Exercise aim: Copy the records out again in full, keeping them identical.

[Opening Entries supplied section]

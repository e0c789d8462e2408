-- ===== src/Warm/Slots.antt =====
-- The table warm_slots of internal/backend/warm/pool.go, and the statements that the pool runs on
-- it. Rows are a list with one row for each id. Times are nanoseconds since Go's zero time, which
-- order as their UnixNano does for the dates that it can represent.
use brezel.Common.{
  ℕ, ◌≡◌, ◌↔◌, Bool, true, not, ◌&&◌, ◌||◌, List, [], ◌∷◌, Option, none, some, arith, leb,
  Comparable, ◌==◌, nat_eq, if◌then◌else◌, any, Text, text_eq,
}

pub data SlotState : Type 0 where
  creating available claiming claimed deleting : SlotState

abbrev pub rank : SlotState → ℕ
rank creating = 0
rank available = 1
rank claiming = 2
rank claimed = 3
rank deleting = 4

unfoldable pub slot_state_beq : SlotState → SlotState → Bool
slot_state_beq a b = rank a == rank b

pub slot_state_beq_iff : (a b : SlotState) → (slot_state_beq a b ≡ true) ↔ (a ≡ b)
unfolding slot_state_beq
slot_state_beq_iff a b = (λ h. ground arith, λ h. ground arith)

instance abbrev pub slot_state_eq : Comparable SlotState
slot_state_eq = record { equal = slot_state_beq; equal_iff = slot_state_beq_iff }

pub record Slot : Type 0 where
  pub id : Text
  pub backend_id : Text
  pub local_id : Text
  pub state : SlotState
  pub claim_project_id : Text
  pub claim_sandbox_id : Text
  pub created_at : ℕ
  pub expires_at : ℕ
  pub claim_expires_at : ℕ

abbrev pub Table : Type 0
Table = List Slot

-- `WHERE id = ? AND state = ?`
unfoldable pub in_state : Text → SlotState → Slot → Bool
in_state id from s = s.id == id && s.state == from

-- `UPDATE warm_slots SET ... WHERE ...`
unfoldable pub update_rows : (Slot → Bool) → (Slot → Slot) → Table → Table
update_rows test change [] = []
update_rows test change (s ∷ rows) = (if test s then change s else s) ∷ update_rows test change rows

-- `DELETE FROM warm_slots WHERE id = ?`
unfoldable pub delete_row : Text → Table → Table
delete_row id [] = []
delete_row id (s ∷ rows) = if s.id == id then delete_row id rows else s ∷ delete_row id rows

-- `INSERT INTO warm_slots`, which the primary key and the unique local_id may refuse
unfoldable pub insert_row : Slot → Table → Option Table
insert_row s rows =
    if any (λ r. r.id == s.id || r.local_id == s.local_id) rows then none else some (s ∷ rows)

-- The first row of a query, as a Scan of one row reads it.
unfoldable pub query_one : (Slot → Bool) → Table → Option Slot
query_one test [] = none
query_one test (s ∷ rows) = if test s then some s else query_one test rows

unfoldable pub select_rows : (Slot → Bool) → Table → Table
select_rows test [] = []
select_rows test (s ∷ rows) = let rest = select_rows test rows in if test s then s ∷ rest else rest

-- The insertion of a row into rows in the order of their creation.
unfoldable pub by_creation : Slot → Table → Table
by_creation s [] = s ∷ []
by_creation s (r ∷ rows) =
    if leb s.created_at r.created_at then s ∷ r ∷ rows else r ∷ by_creation s rows

-- `ORDER BY created_at`
unfoldable pub ordered : Table → Table
ordered [] = []
ordered (s ∷ rows) = by_creation s (ordered rows)

unfoldable pub first_row : Table → Option Slot
first_row [] = none
first_row (s ∷ rows) = some s

-- The row that beginClaim selects: `state = 'available' AND expires_at >= ?`, the oldest.
unfoldable pub oldest_available : ℕ → Table → Option Slot
oldest_available deadline rows =
    first_row (ordered (select_rows (λ s. s.state == available && leb deadline s.expires_at) rows))

-- The rows of another slot under this backend id: the index warm_slots_backend_id.
unfoldable pub backend_taken : Text → Text → Table → Bool
backend_taken id backend_id rows =
    not (backend_id == []) && any (λ r. not (r.id == id) && r.backend_id == backend_id) rows

-- The index warm_slots_claim.
unfoldable pub claim_taken : Text → Text → Text → Table → Bool
claim_taken id project sandbox rows =
    not (project == [] || sandbox == [])
    && any
        (λ r. not (r.id == id) && (r.claim_project_id == project && r.claim_sandbox_id == sandbox))
        rows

[Closing Entries supplied section]

Solution to this task:
repository e0c789d8462e2408
-- ===== src/Warm/Slots.antt =====
-- The table warm_slots of internal/backend/warm/pool.go, and the statements that the pool runs on
-- it. Rows are a list with one row for each id. Times are nanoseconds since Go's zero time, which
-- order as their UnixNano does for the dates that it can represent.
use brezel.Common.{
  ℕ, ◌≡◌, ◌↔◌, Bool, true, not, ◌&&◌, ◌||◌, List, [], ◌∷◌, Option, none, some, arith, leb,
  Comparable, ◌==◌, nat_eq, if◌then◌else◌, any, Text, text_eq,
}

pub data SlotState : Type 0 where
  creating available claiming claimed deleting : SlotState

abbrev pub rank : SlotState → ℕ
rank creating = 0
rank available = 1
rank claiming = 2
rank claimed = 3
rank deleting = 4

unfoldable pub slot_state_beq : SlotState → SlotState → Bool
slot_state_beq a b = rank a == rank b

pub slot_state_beq_iff : (a b : SlotState) → (slot_state_beq a b ≡ true) ↔ (a ≡ b)
unfolding slot_state_beq
slot_state_beq_iff a b = (λ h. ground arith, λ h. ground arith)

instance abbrev pub slot_state_eq : Comparable SlotState
slot_state_eq = record { equal = slot_state_beq; equal_iff = slot_state_beq_iff }

pub record Slot : Type 0 where
  pub id : Text
  pub backend_id : Text
  pub local_id : Text
  pub state : SlotState
  pub claim_project_id : Text
  pub claim_sandbox_id : Text
  pub created_at : ℕ
  pub expires_at : ℕ
  pub claim_expires_at : ℕ

abbrev pub Table : Type 0
Table = List Slot

-- `WHERE id = ? AND state = ?`
unfoldable pub in_state : Text → SlotState → Slot → Bool
in_state id from s = s.id == id && s.state == from

-- `UPDATE warm_slots SET ... WHERE ...`
unfoldable pub update_rows : (Slot → Bool) → (Slot → Slot) → Table → Table
update_rows test change [] = []
update_rows test change (s ∷ rows) = (if test s then change s else s) ∷ update_rows test change rows

-- `DELETE FROM warm_slots WHERE id = ?`
unfoldable pub delete_row : Text → Table → Table
delete_row id [] = []
delete_row id (s ∷ rows) = if s.id == id then delete_row id rows else s ∷ delete_row id rows

-- `INSERT INTO warm_slots`, which the primary key and the unique local_id may refuse
unfoldable pub insert_row : Slot → Table → Option Table
insert_row s rows =
    if any (λ r. r.id == s.id || r.local_id == s.local_id) rows then none else some (s ∷ rows)

-- The first row of a query, as a Scan of one row reads it.
unfoldable pub query_one : (Slot → Bool) → Table → Option Slot
query_one test [] = none
query_one test (s ∷ rows) = if test s then some s else query_one test rows

unfoldable pub select_rows : (Slot → Bool) → Table → Table
select_rows test [] = []
select_rows test (s ∷ rows) = let rest = select_rows test rows in if test s then s ∷ rest else rest

-- The insertion of a row into rows in the order of their creation.
unfoldable pub by_creation : Slot → Table → Table
by_creation s [] = s ∷ []
by_creation s (r ∷ rows) =
    if leb s.created_at r.created_at then s ∷ r ∷ rows else r ∷ by_creation s rows

-- `ORDER BY created_at`
unfoldable pub ordered : Table → Table
ordered [] = []
ordered (s ∷ rows) = by_creation s (ordered rows)

unfoldable pub first_row : Table → Option Slot
first_row [] = none
first_row (s ∷ rows) = some s

-- The row that beginClaim selects: `state = 'available' AND expires_at >= ?`, the oldest.
unfoldable pub oldest_available : ℕ → Table → Option Slot
oldest_available deadline rows =
    first_row (ordered (select_rows (λ s. s.state == available && leb deadline s.expires_at) rows))

-- The rows of another slot under this backend id: the index warm_slots_backend_id.
unfoldable pub backend_taken : Text → Text → Table → Bool
backend_taken id backend_id rows =
    not (backend_id == []) && any (λ r. not (r.id == id) && r.backend_id == backend_id) rows

-- The index warm_slots_claim.
unfoldable pub claim_taken : Text → Text → Text → Table → Bool
claim_taken id project sandbox rows =
    not (project == [] || sandbox == [])
    && any
        (λ r. not (r.id == id) && (r.claim_project_id == project && r.claim_sandbox_id == sandbox))
        rows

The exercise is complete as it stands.